Sounds ambitious, also sounds like you have a good handle on it. My only question is why the oil primer? My concern is the temp fluctuations and the fact that oil won't flex that well on metal under hot Texas sun and cool nights. Personally, I would spot prime any exposed aluminum and two coat with finish. I would go with a Ben Moore system, they have a latex primer that will handle the exposed aluminum and their Moor line of exterior paint has excellent adhesion qualities. The Moor products will grab on to that with a death grip, and with spray the siding will look factory finished. I'm sure the other top manufacturers have comparable systems but my experience is with BM, and I wouldn't recommend anything but the top line products on exteriors. If you can carry the extra cost, the results and peace of mind will be worth it.


----------



## poppameth (Oct 2, 2008)

1) Aluminum does not like oil. After you prep prime with a 100% acrylic primer like Zinsser 1-2-3. If you still have any chalking issues, use Zinsser Peelstop instead to bind any residue.
2) Use a higher quality paint. Nothing in the big box stores is all that great. Ben Moore, Sherwin Williams, Pratt and Lambert, etc. will all have better products at a comparable price.


----------



## housepaintingny (Jul 25, 2009)

You do not need oil base primer. I would use a latex base primer and you only need to prime the areas that have raw aluminum. I prefer to use SW DTM Bonding Primer and SW SuperPaint, saitn when painting aluminum siding. You will need to apply 2 coats of a quality 100% acrylic latex paint. Sounds like you have a handle on the cleaning aspect of the siding.


----------



## Gymschu (Dec 12, 2010)

housepaintingny said:


> You do not need oil base primer. I would use a latex base primer and you only need to prime the areas that have raw aluminum. I prefer to use SW DTM Bonding Primer and SW SuperPaint, saitn when painting aluminum siding. You will need to apply 2 coats of a quality 100% acrylic latex paint. Sounds like you have a handle on the cleaning aspect of the siding.
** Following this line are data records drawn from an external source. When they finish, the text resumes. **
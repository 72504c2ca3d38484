-- ===== src/Cron/Validation.antt =====
-- The validation of cron expressions and of numbers in backend/schedule.go.
use linuxgsm_dashboard.Base.{
  ℕ, ◌≤◌, ◌≡◌, inl, inr, Text, codes, List, [], ◌∷◌, Bool, true, false, not, ◌&&◌, ◌||◌, Option,
  none, some, arith, ltb, leb, ◌==◌, if◌then◌else◌, eqt, eqt_iff, all_of, length, digit_byte, atoi,
  itoa, ℤ, pos, negsuc, Option-cases, Bool-cases, Lacks,
}
use linuxgsm_dashboard.Totp.{trim_space}
use linuxgsm_dashboard.Cron.{fields, parse_cron}

abbrev pub macros : List Text
macros =
    codes "@hourly"
    ∷ codes "@daily"
    ∷ codes "@midnight"
    ∷ codes "@weekly"
    ∷ codes "@monthly"
    ∷ codes "@yearly"
    ∷ codes "@annually"
    ∷ []

unfoldable pub is_macro : List Text → Text → Bool
is_macro [] expr = false
is_macro (m ∷ ms) expr = eqt expr m || is_macro ms expr

abbrev pub cron_byte : ℕ → Bool
cron_byte c = digit_byte c || (c == b'*' || (c == b'/' || (c == b',' || c == b'-')))

-- `^[0-9*/,-]{1,64}$`
unfoldable pub is_cron_field : Text → Bool
is_cron_field f = all_of cron_byte f && (leb 1 (length f) && leb (length f) 64)

unfoldable pub has_line_break : Text → Bool
has_line_break [] = false
has_line_break (c ∷ s) = (c == 10 || c == 13) || has_line_break s

unfoldable pub is_valid_cron_expr : Text → Bool
is_valid_cron_expr expr =
    let e = trim_space expr in
    if is_macro macros e
    then true
    else if has_line_break e
    then false
    else if not (length (fields e) == 5)
    then false
    else all_of is_cron_field (fields e)

unfoldable pub validate_cron_expr : Text → Bool
validate_cron_expr expr =
    is_valid_cron_expr expr && elim (parse_cron expr) [ none ↦ false | some spec ↦ true ]

abbrev pub within : Text → ℕ → ℕ → Option ℤ → Bool
within s low top (some (pos n)) = leb low n && (leb n top && eqt (itoa n) s)
within s low top _ = false

-- No bound is negative, so a negative number is outside.
unfoldable pub is_int_in_range : Text → ℕ → ℕ → Bool
is_int_in_range s low top =
    if eqt s [] || ltb 3 (length s) then false else within s low top (atoi s)

no_line_break : (s : Text) → has_line_break s ≡ false → Lacks 10 s × Lacks 13 s
unfolding has_line_break
no_line_break [] h = (tt, tt)
no_line_break (c ∷ s) h =
    let (a, b) = no_line_break s (ground arith) in ((ground arith, a), (ground arith, b))

is_macro-Lacks : (e : Text) → is_macro macros e ≡ true → has_line_break e ≡ false
unfolding is_macro has_line_break
is_macro-Lacks e h = ground (
  arith,
  eqt_iff e (codes "@hourly"),
  eqt_iff e (codes "@daily"),
  eqt_iff e (codes "@midnight"),
  eqt_iff e (codes "@weekly"),
  eqt_iff e (codes "@monthly"),
  eqt_iff e (codes "@yearly"),
  eqt_iff e (codes "@annually"),
)

-- An expression that is valid, without the spaces around it, has no line feed and no carriage return.
pub is_valid_cron_expr-Lacks :
    (expr : Text)
    → is_valid_cron_expr expr ≡ true
    → Lacks 10 (trim_space expr) × Lacks 13 (trim_space expr)
unfolding is_valid_cron_expr
is_valid_cron_expr-Lacks expr h =
    no_line_break (trim_space expr) (elim (Bool-cases (is_macro macros (trim_space expr))) [
      | inl m ↦ is_macro-Lacks (trim_space expr) m
      | inr other ↦ ground arith
    ])

-- A text that passes as a number in a range is the decimal text of a number of that range, and no
-- other spelling of it.
pub is_int_in_range_lem :
    (s : Text) (low top : ℕ)
    → is_int_in_range s low top ≡ true
    → (n : ℕ) × (s ≡ itoa n) × (low ≤ n) × (n ≤ top)
unfolding is_int_in_range
is_int_in_range_lem s low top h = elim (Option-cases (atoi s)) [
  | inl e ↦ absurd (ground arith)
  | inr (negsuc n, e) ↦ absurd (ground arith)
  | inr (pos n, e) ↦ (n, ground (arith, eqt_iff (itoa n) s), ground arith, ground arith)
]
Great advice as always! A side note: You don't use a whole lot of paint on aluminum siding............so splurge a little and put something good on it like the above mentioned SuperPaint. There are some aluminum sided houses I painted 15 years ago that look almost as good as the day it was put on.


----------



## cherry_560sel (Dec 6, 2010)

jsheridan said:


> Sounds ambitious, also sounds like you have a good handle on it. My only question is why the oil primer? My concern is the temp fluctuations and the fact that oil won't flex that well on metal under hot Texas sun and cool nights. Personally, I would spot prime any exposed aluminum and two coat with finish. I would go with a Ben Moore system, they have a latex primer that will handle the exposed aluminum and their Moor line of exterior paint has excellent adhesion qualities. The Moor products will grab on to that with a death grip, and with spray the siding will look factory finished. I'm sure the other top manufacturers have comparable systems but my experience is with BM, and I wouldn't recommend anything but the top line products on exteriors. If you can carry the extra cost, the results and peace of mind will be worth it.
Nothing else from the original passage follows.